Ludwig: „Der Bereich der U15 und U16 bildet da den Übergang. Alle jüngeren Teams haben den Fokus mehr auf der motorischen Ausbildung. Die sollen verschiedenen Reizen ausgesetzt sein und auch neben dem Fußball noch andere sportliche Erfahrungen machen. Es wird spielerischer gearbeitet, auch mal Fangen gespielt oder ähnliches. Die verschiedenen Einflüsse fördern die Kinder da eher in ihrer Entwicklung als immer gleiche Trainingsinhalte. Außerdem ist Krafttraining hier noch gar kein Thema. Das beginnt erst ab der U15, dass wir mit Eigenkörpergewicht und Bewegungsschulung auf technische Aspekte vorbereiten. Ab der U16 geht es dann richtig mit Krafttraining los.
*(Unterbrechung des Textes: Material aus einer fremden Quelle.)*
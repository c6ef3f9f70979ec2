-- ===== src/PriorityQueue/Refine.antt =====
-- services/scheduler/utils.c: the array queue against a list kept in order.
use lugh_os.Base.{
  ℕ, suc, ◌≤◌, ◌<◌, ltb, if◌then◌else◌, true, List, [], ◌∷◌, ◌++◌, length, length-append, All, ◌≡◌,
  refl, ap, ap₂, arith, inl, inr, Bool-cases, is_ok,
}
use lugh_os.Messages.{Message, blank}
use lugh_os.PriorityQueue.{PriorityQueue, max_queue_size, queue_init, queue_push, queue_pop}
use lugh_os.PriorityQueue.Insert.{insert, Sorted, insert-length, insert-Sorted, insert-All}
use lugh_os.PriorityQueue.Steps.{Sealed, seal, push_full, push_room, pop_none, pop_some}

-- The call the client makes, and what it sees: the result and, from a pop that succeeds, the message.
pub data Call : Type 0 where
  push : Message → Call
  pop : Call

pub data Seen : Type 0 where
  pushed : Seen
  popped : Message → Seen
  refused : Seen

module _ (payload_checksum : List ℕ → ℕ) where
  -- The array holds these messages, in this order, at its front.
  pub record Represents (q : PriorityQueue) (xs : List Message) : Type 0 where
    pub room : length q.messages ≡ max_queue_size
    pub number : q.count ≡ length xs
    pub bound : length xs ≤ max_queue_size
    pub front : (zs : List Message) × (q.messages ≡ xs ++ zs)
    pub sorted : Sorted xs
    pub sealed : All (Sealed payload_checksum) xs

  pub step : PriorityQueue → Call → Seen × PriorityQueue
  step q (push m) =
      let r = queue_push payload_checksum q m in (if is_ok r.rv then pushed else refused, r.queue)
  step q pop =
      let r = queue_pop payload_checksum q blank in
      (if is_ok r.rv then popped r.msg else refused, r.queue)

  pub run : PriorityQueue → List Call → List Seen
  run q [] = []
  run q (c ∷ cs) = (step q c).0 ∷ run (step q c).1 cs

  -- The queue as a list in order, of at most 1024 messages.
  unfoldable pub list_step : List Message → Call → Seen × List Message
  list_step xs (push m) =
      if ltb (length xs) max_queue_size
      then (pushed, insert (seal payload_checksum m) xs)
      else (refused, xs)
  list_step [] pop = (refused, [])
  list_step (x ∷ xs) pop = (popped x, xs)

  unfoldable pub list_run : List Message → List Call → List Seen
  list_run xs [] = []
  list_run xs (c ∷ cs) = (list_step xs c).0 ∷ list_run (list_step xs c).1 cs

  abbrev Simulates : PriorityQueue → List Message → Call → Type 0
  Simulates q xs c =
      ((step q c).0 ≡ (list_step xs c).0) × Represents (step q c).1 (list_step xs c).1

  push-Represents :
      (q : PriorityQueue) (m y : Message) (xs zs : List Message)
      → Represents q xs
      → q.messages ≡ xs ++ y ∷ zs
      → length xs < max_queue_size
      → Represents
          (record { messages = insert (seal payload_checksum m) xs ++ zs; count = suc q.count })
          (insert (seal payload_checksum m) xs)
  push-Represents q m y xs zs r e l = record {
    room = omega (
      arith,
      r.room,
      ap length e,
      length-append xs (y ∷ zs),
      length-append (insert (seal payload_checksum m) xs) zs,
      insert-length (seal payload_checksum m) xs,
    );
    number = omega (arith, r.number, insert-length (seal payload_checksum m) xs);
    bound = omega (arith, l, insert-length (seal payload_checksum m) xs);
    front = (zs, refl);
    sorted = insert-Sorted (seal payload_checksum m) xs r.sorted;
    sealed = insert-All (Sealed payload_checksum) (seal payload_checksum m) xs refl r.sealed;
  }

  simulate_room :
      (q : PriorityQueue) (m : Message) (xs zs : List Message)
      → Represents q xs
      → q.messages ≡ xs ++ zs
      → ltb (length xs) max_queue_size ≡ true
      → Simulates q xs (push m)
  unfolding step list_step
  simulate_room q m xs [] r e l =
      let none_left : List Message = [] in
      absurd (ground (arith, l, r.room, ap length e, length-append xs none_left))
  simulate_room q m xs (y ∷ zs) r e l =
      let pushed_in =
        push_room payload_checksum q m y xs zs e r.number (ground (arith, l)) r.sorted in
      rw (l, pushed_in) (refl, push-Represents q m y xs zs r e (ground (arith, l)))

  simulate_push :
      (q : PriorityQueue) (m : Message) (xs : List Message)
      → Represents q xs
      → Simulates q xs (push m)
  unfolding step list_step
  simulate_push q m xs r = elim (Bool-cases (ltb (length xs) max_queue_size)) [
    | inr full ↦
        let e = push_full payload_checksum q m (ground (arith, r.number, r.bound)) in
        rw (full, e) (refl, r)
    | inl room ↦ simulate_room q m xs r.front.0 r r.front.1 room
  ]

  simulate_pop : (q : PriorityQueue) (xs : List Message) → Represents q xs → Simulates q xs pop
  unfolding step list_step
  simulate_pop q [] r = let e = pop_none payload_checksum q blank r.number in rw e (refl, r)
  simulate_pop q (x ∷ xs) r =
      let (zs, e) = r.front in
      let (w, popped_off) =
        pop_some payload_checksum q blank x xs zs e r.number (omega (arith, r.number, r.bound))
          r.sealed.0 in
      rw popped_off (
        refl,
        record {
          room = omega (arith, r.room, ap length e, length-append xs zs, length-append xs (w ∷ zs));
          number = refl;
          bound = omega (arith, r.bound);
          front = (w ∷ zs, refl);
          sorted = r.sorted.1;
          sealed = r.sealed.1;
        },
      )

  simulate : (q : PriorityQueue) (xs : List Message) (c : Call) → Represents q xs → Simulates q xs c
  simulate q xs (push m) r = simulate_push q m xs r
  simulate q xs pop r = simulate_pop q xs r

  run-list_run :
      (q : PriorityQueue) (xs : List Message) (cs : List Call)
      → Represents q xs
      → run q cs ≡ list_run xs cs
  unfolding run list_run
  run-list_run q xs [] r = refl
  run-list_run q xs (c ∷ cs) r =
      let (same, next) = simulate q xs c r in
      ap₂ (λ x. λ ys. x ∷ ys) same (run-list_run (step q c).1 (list_step xs c).1 cs next)

  -- From `queue_init` on, every sequence of pushes and pops gives the caller what a list in order
  -- gives: a push goes behind the messages of the same or a higher priority unless 1024 wait, a
  -- pop takes the first, and no checksum fails.
  pub queue_refines :
      (q : PriorityQueue) (cs : List Call)
      → length q.messages ≡ max_queue_size
      → run (queue_init q) cs ≡ list_run [] cs
  unfolding queue_init
  queue_refines q cs room =
      run-list_run (record q { count = 0 }) [] cs
        record {
          room = room;
          number = refl;
          bound = omega arith;
          front = (q.messages, refl);
          sorted = tt;
          sealed = tt;
        }
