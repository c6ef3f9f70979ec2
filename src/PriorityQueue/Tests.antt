-- ===== src/PriorityQueue/Tests.antt =====
-- Runs of the priority queue (services/scheduler/utils.c).
use lugh_os.Base.{ℕ, List, [], ◌∷◌, ◌≡◌, refl, replicate, length-replicate}
use lugh_os.Messages.{Message, blank}
use lugh_os.PriorityQueue.{PriorityQueue, queue_init}
use lugh_os.PriorityQueue.Insert.{insert}
use lugh_os.PriorityQueue.Refine.{
  Call, push, pop, run, list_run, list_step, pushed, popped, queue_refines,
}

abbrev first_byte : List ℕ → ℕ
first_byte [] = 0
first_byte (b ∷ bs) = b

abbrev storage : PriorityQueue
storage = record { messages = replicate 1024 blank; count = 7 }

abbrev low : Message
low = record blank { priority = 2; operation = 1 }

abbrev high : Message
high = record blank { priority = 0; operation = 2 }

abbrev calls : List Call
calls = push low ∷ push high ∷ push low ∷ pop ∷ pop ∷ []

high_first : list_run first_byte [] calls ≡ pushed ∷ pushed ∷ pushed ∷ popped high ∷ popped low ∷ []
unfolding list_run list_step insert
high_first = refl

queue_refines_example : run first_byte (queue_init storage) calls ≡ list_run first_byte [] calls
queue_refines_example = queue_refines first_byte storage calls (length-replicate 1024 blank)
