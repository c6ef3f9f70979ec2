-- ===== src/Ring/Tests.antt =====
-- Runs of kernel/ring_buffer.c on small cases.
use lugh_os.Base.{◌≡◌, refl, [], ◌∷◌, some, arith}
use lugh_os.Messages.{Message, blank}
use lugh_os.Ring.{ring_boot, ring_push, ring_pop}
use lugh_os.Ring.Refine.{IsValid, contents, put, get, run, run_queue, run_refines}

abbrev alert : Message
alert = record blank { operation = 7 }

boot-IsValid : IsValid ring_boot
boot-IsValid = record { storage = refl; head_in = omega arith; tail_in = omega arith }

popped : (ring_pop (ring_push ring_boot alert).1).0 ≡ some alert
unfolding ring_push ring_pop
popped = refl

run_refines_example :
    run ring_boot (put alert ∷ get ∷ get ∷ [])
    ≡ run_queue (contents ring_boot) (put alert ∷ get ∷ get ∷ [])
run_refines_example = run_refines (put alert ∷ get ∷ get ∷ []) ring_boot boot-IsValid
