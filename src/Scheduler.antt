-- ===== src/Scheduler.antt =====
-- services/scheduler/round_robin.c and kernel/sched/priority.c: which task runs next.
pub mod RoundRobin
pub mod Fairness
pub mod Priority
pub mod HotSwap
pub mod SameTable
mod Tests
use lugh_os.Base.{
  ℕ, zero, suc, ℤ, pos, negsuc, neg, ◌+◌, ◌-◌, leb, ltb, ◌==◌, if◌then◌else◌, Bool, true, false,
  not, ◌&&◌, List, [], ◌∷◌, length, map, Option, none, some, get_or, set, is_neg,
}
use lugh_os.Task.{Task, TaskState, ready, running, blocked, terminated}
use lugh_os.Tasks.{Tasks, task_count, task_at, empty_task, task_find}

abbrev pub is_ready : TaskState → Bool
is_ready ready = true
is_ready running = false
is_ready blocked = false
is_ready terminated = false

abbrev pub is_running : TaskState → Bool
is_running ready = false
is_running running = true
is_running blocked = false
is_running terminated = false

-- What a scheduler call returns (`rv`, and `*next_task_id` where it is written) and leaves: the
-- table and the round-robin cursor.
pub record Choice : Type 0 where
  pub rv : ℤ
  pub next_id : Option ℕ
  pub table : List Task
  pub cursor : ℤ

-- Mark a RUNNING task READY.
abbrev pub yield_task : Task → Task
yield_task t = if is_running t.state then record t { state = ready } else t

-- `(rr_cursor + 1 >= n) ? 0 : rr_cursor + 1`, for a table of `n` entries
abbrev pub advance : ℕ → ℤ → ℤ
advance n (pos k) = if leb n (k + 1) then pos 0 else pos (k + 1)
advance n (negsuc zero) = pos 0
advance n (negsuc (suc k)) = negsuc k

-- The scan for the next READY slot, with `m` slots to check; `none` is a read outside the table,
-- which a cursor below -1 leads to.
pub rr_scan : ℕ → List Task → ℤ → Option Choice
rr_scan zero ts c = some (record { rv = neg 1; next_id = none; table = ts; cursor = c })
rr_scan (suc m) ts c =
    let c' = advance (length ts) c in
    elim c' [
      | pos k ↦
          let rest = rr_scan m ts (pos k) in
          let t = get_or ts k empty_task in
          if is_ready t.state
          then some (record {
            rv = pos 0;
            next_id = some t.task_id;
            table = set ts k (record t { state = running });
            cursor = pos k;
          })
          else rest
      | negsuc k ↦ none
    ]

-- `rr_schedule` on a table, with its cursor; `next_task_id` is taken not to be NULL.
unfoldable pub rr_schedule : List Task → ℤ → Option Choice
unfolding rr_scan
rr_schedule ts c =
    if leb (length ts) 0
    then some (record { rv = neg 1; next_id = none; table = ts; cursor = c })
    else rr_scan (length ts) (map yield_task ts) c

abbrev pub rr_max_tasks : ℕ
rr_max_tasks = 64

unfoldable pub rr_init : ℤ × ℤ
rr_init = (pos 0, pos 0)

-- The scheduler accepts any task while the table is within its budget.
unfoldable pub rr_add_task : Tasks → Option Task → ℤ
rr_add_task s none = neg 1
rr_add_task s (some t) = if ltb rr_max_tasks (task_count s) then neg 1 else pos 0

-- `rr_cursor >= n`
abbrev pub at_least : ℤ → ℕ → Bool
at_least (pos k) n = leb n k
at_least (negsuc k) n = false

-- A removed task stays in the table as TERMINATED, and the cursor is held inside the table.
unfoldable pub rr_remove_task : Tasks → ℤ → ℕ → ℤ × Tasks × ℤ
rr_remove_task s c id = elim (task_find s id) [
  | none ↦ (neg 1, s, c)
  | some i ↦ (
    pos 0,
    record s { tasks = set s.tasks i (record (task_at s i) { state = terminated }) },
    if ltb 0 (task_count s) && at_least c (task_count s) then pos (task_count s - 1) else c,
  )
]

-- `x < y` on C integers.
abbrev pub less : ℤ → ℤ → Bool
less (pos a) (pos b) = ltb a b
less (pos a) (negsuc b) = false
less (negsuc a) (pos b) = true
less (negsuc a) (negsuc b) = ltb b a

-- The loop of `priority_schedule` from slot `i`, with the best slot and priority so far.
pub best_from : List Task → ℕ → Option ℕ → ℤ → Option ℕ
best_from [] i best p = best
best_from (t ∷ ts) i best p =
    let wins = is_ready t.state && less t.priority p in
    best_from ts (suc i) (if wins then some i else best) (if wins then t.priority else p)

-- `priority_schedule`, where `next_task_id` is not NULL.
unfoldable pub priority_schedule : List Task → ℤ × Option ℕ
unfolding best_from
priority_schedule ts = elim (best_from ts 0 none (pos 11)) [
  | none ↦ (neg 1, none)
  | some i ↦ (let t = get_or ts i empty_task in (pos 0, some t.task_id))
]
Ähnlich ist es beim Sprinttraining, auch das startet erst in der U15.“
Zum Abschluss wollen wir noch einmal einen Blick auf deinen zweiten Aufgabenbereich werfen, den du zu Beginn genannt hast: das Reha-Training. So wie jede Verletzung individuell ist, wird auch das Training im Anschluss individuell gestaltet. Welche Rolle wird dir dabei zu Teil und was erwartet einen Spieler beim Reha-Training?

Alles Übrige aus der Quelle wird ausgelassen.